(Work to complete): If a line in the records below holds the string "remove", count it, and state only the final count.

(Supplied information):
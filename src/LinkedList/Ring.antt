-- ===== src/LinkedList/Ring.antt =====
-- The links of a list as a ring through nullptr: the functions N and P lead from each node to the
-- next and to the one before, and from 0 to the head and to the tail.
use mathlib.Core.Bool.{or_assoc}
use gray_core.Base.{
  ℕ, ◌≡◌, refl, ◌∙◌, Bool, true, false, not, ◌||◌, ◌&&◌, List, [], ◌∷◌, ◌++◌, ◌==◌, arith,
}

unfoldable pub has : ℕ → List ℕ → Bool
has a [] = false
has a (x ∷ xs) = (a == x) || has a xs

unfoldable pub distinct : List ℕ → Bool
distinct [] = true
distinct (x ∷ xs) = not (has x xs) && distinct xs

abbrev pub last_or : ℕ → List ℕ → ℕ
last_or p [] = p
last_or p (x ∷ xs) = last_or x xs

abbrev pub head_or : ℕ → List ℕ → ℕ
head_or q [] = q
head_or q (x ∷ xs) = x

-- From p through the nodes of a list to q.
pub data Chain (N P : ℕ → ℕ) (q : ℕ) : ℕ → List ℕ → Type 0 where
  ends : {p : ℕ} → N p ≡ q → P q ≡ p → Chain N P q p []
  link : {p x : ℕ} {xs : List ℕ} → N p ≡ x → P x ≡ p → Chain N P q x xs → Chain N P q p (x ∷ xs)

pub has-append : (a : ℕ) (xs ys : List ℕ) → has a (xs ++ ys) ≡ (has a xs || has a ys)
unfolding has
has-append a [] ys = refl
has-append a (x ∷ xs) ys = rw (has-append a xs ys, or_assoc)

pub has-last_or : (p : ℕ) (xs : List ℕ) → has (last_or p xs) (p ∷ xs) ≡ true
unfolding has
has-last_or p [] = ground arith
has-last_or p (x ∷ xs) = ground (arith, has-last_or x xs)

pub has-head_or : (q : ℕ) (xs : List ℕ) → has (head_or q xs) (q ∷ xs) ≡ true
unfolding has
has-head_or q [] = ground arith
has-head_or q (x ∷ xs) = ground arith

-- A list around one of its nodes.
pub distinct-around :
    (x : ℕ) (front back : List ℕ)
    → distinct (front ++ x ∷ back) ≡ true
    → (has x (front ++ back) ≡ false) × (distinct (front ++ back) ≡ true)
unfolding has distinct
distinct-around x [] back d = (ground arith, ground arith)
distinct-around x (y ∷ front) back d =
    let rest = distinct-around x front back (ground arith) in
    (
      ground (arith, rest.0, has-append y front (x ∷ back)),
      ground (arith, rest.1, has-append y front (x ∷ back), has-append y front back),
    )

pub distinct-insert :
    (x : ℕ) (front back : List ℕ)
    → distinct (front ++ back) ≡ true
    → has x (front ++ back) ≡ false
    → distinct (front ++ x ∷ back) ≡ true
unfolding has distinct
distinct-insert x [] back d out = ground arith
distinct-insert x (y ∷ front) back d out = ground (
  arith,
  distinct-insert x front back (ground arith) (ground arith),
  has-append y front (x ∷ back),
  has-append y front back,
)

module _ {N P : ℕ → ℕ} where
  pub Chain-next :
      (p q : ℕ) (front back : List ℕ)
      → Chain N P q p (front ++ back)
      → N (last_or p front) ≡ head_or q back
  Chain-next p q [] [] (ends n b) = n
  Chain-next p q [] (y ∷ back) (link n b c) = n
  Chain-next p q (x ∷ front) back (link n b c) = Chain-next x q front back c

  pub Chain-prev :
      (p q : ℕ) (front back : List ℕ)
      → Chain N P q p (front ++ back)
      → P (head_or q back) ≡ last_or p front
  Chain-prev p q [] [] (ends n b) = b
  Chain-prev p q [] (y ∷ back) (link n b c) = b
  Chain-prev p q (x ∷ front) back (link n b c) = Chain-prev x q front back c

  pub Chain-next_at :
      (p q x : ℕ) (front back : List ℕ) → Chain N P q p (front ++ x ∷ back) → N x ≡ head_or q back
  Chain-next_at p q x [] [] (link n b (ends n' b')) = n'
  Chain-next_at p q x [] (y ∷ back) (link n b (link n' b' c)) = n'
  Chain-next_at p q x (y ∷ front) back (link n b c) = Chain-next_at y q x front back c

  pub Chain-frame :
      {N' P' : ℕ → ℕ} (p q : ℕ) (xs : List ℕ)
      → Chain N P q p xs
      → ((a : ℕ) → has a (p ∷ xs) ≡ true → N' a ≡ N a)
      → ((a : ℕ) → has a (q ∷ xs) ≡ true → P' a ≡ P a)
      → Chain N' P' q p xs
  unfolding has
  Chain-frame p q [] (ends n b) same_n same_p =
      ends (same_n p (ground arith) ∙ n) (same_p q (ground arith) ∙ b)
  Chain-frame p q (x ∷ xs) (link n b c) same_n same_p =
      link (same_n p (ground arith) ∙ n) (same_p x (ground arith) ∙ b)
        (Chain-frame x q xs c (λ a h. same_n a (ground arith)) (λ a h. same_p a (ground arith)))

  -- A new node between the front and the back.
  pub Chain-insert :
      {N' P' : ℕ → ℕ} (new p q : ℕ) (front back : List ℕ)
      → Chain N P q p (front ++ back)
      → distinct (p ∷ front ++ back) ≡ true
      → has q (front ++ back) ≡ false
      → has new (p ∷ q ∷ front ++ back) ≡ false
      → N' (last_or p front) ≡ new
      → N' new ≡ head_or q back
      → ((a : ℕ) → (a == last_or p front) ≡ false → (a == new) ≡ false → N' a ≡ N a)
      → P' new ≡ last_or p front
      → P' (head_or q back) ≡ new
      → ((a : ℕ) → (a == head_or q back) ≡ false → (a == new) ≡ false → P' a ≡ P a)
      → Chain N' P' q p (front ++ new ∷ back)
  unfolding has distinct
  Chain-insert new p q [] [] c d out fresh n1 n2 n3 p1 p2 p3 = link n1 p1 (ends n2 p2)
  Chain-insert new p q [] (y ∷ back) (link n b c) d out fresh n1 n2 n3 p1 p2 p3 = link n1 p1 (
      link n2 p2 (
        Chain-frame y q back c (λ a h. n3 a (ground arith) (ground arith))
          (λ a h. p3 a (ground arith) (ground arith))))
  Chain-insert new p q (x ∷ front) back (link n b c) d out fresh n1 n2 n3 p1 p2 p3 =
      link (n3 p (ground (arith, has-last_or x front, has-append p front back)) (ground arith) ∙ n)
        (p3 x (ground (arith, has-head_or q back, has-append x front back)) (ground arith) ∙ b)
        (Chain-insert new x q front back c (ground arith) (ground arith) (ground arith) n1 n2 n3 p1
          p2 p3)

  -- A node between the front and the back is taken out.
  pub Chain-remove :
      {N' P' : ℕ → ℕ} (old p q : ℕ) (front back : List ℕ)
      → Chain N P q p (front ++ old ∷ back)
      → distinct (p ∷ front ++ old ∷ back) ≡ true
      → has q (front ++ old ∷ back) ≡ false
      → N' (last_or p front) ≡ head_or q back
      → ((a : ℕ) → (a == last_or p front) ≡ false → (a == old) ≡ false → N' a ≡ N a)
      → P' (head_or q back) ≡ last_or p front
      → ((a : ℕ) → (a == head_or q back) ≡ false → (a == old) ≡ false → P' a ≡ P a)
      → Chain N' P' q p (front ++ back)
  unfolding has distinct
  Chain-remove old p q [] [] c d out n1 n2 p1 p2 = ends n1 p1
  Chain-remove old p q [] (y ∷ back) (link n b (link n' b' c)) d out n1 n2 p1 p2 = link n1 p1 (
      Chain-frame y q back c (λ a h. n2 a (ground arith) (ground arith))
        (λ a h. p2 a (ground arith) (ground arith)))
  Chain-remove old p q (x ∷ front) back (link n b c) d out n1 n2 p1 p2 =
      link
        (n2 p (ground (arith, has-last_or x front, has-append p front (old ∷ back)))
            (ground (arith, has-append p front (old ∷ back)))
          ∙ n)
        (p2 x (ground (arith, has-head_or q back, has-append x front (old ∷ back)))
            (ground (arith, has-append x front (old ∷ back)))
          ∙ b)
        (Chain-remove old x q front back c (ground arith) (ground arith) n1 n2 p1 p2)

(Task output): 5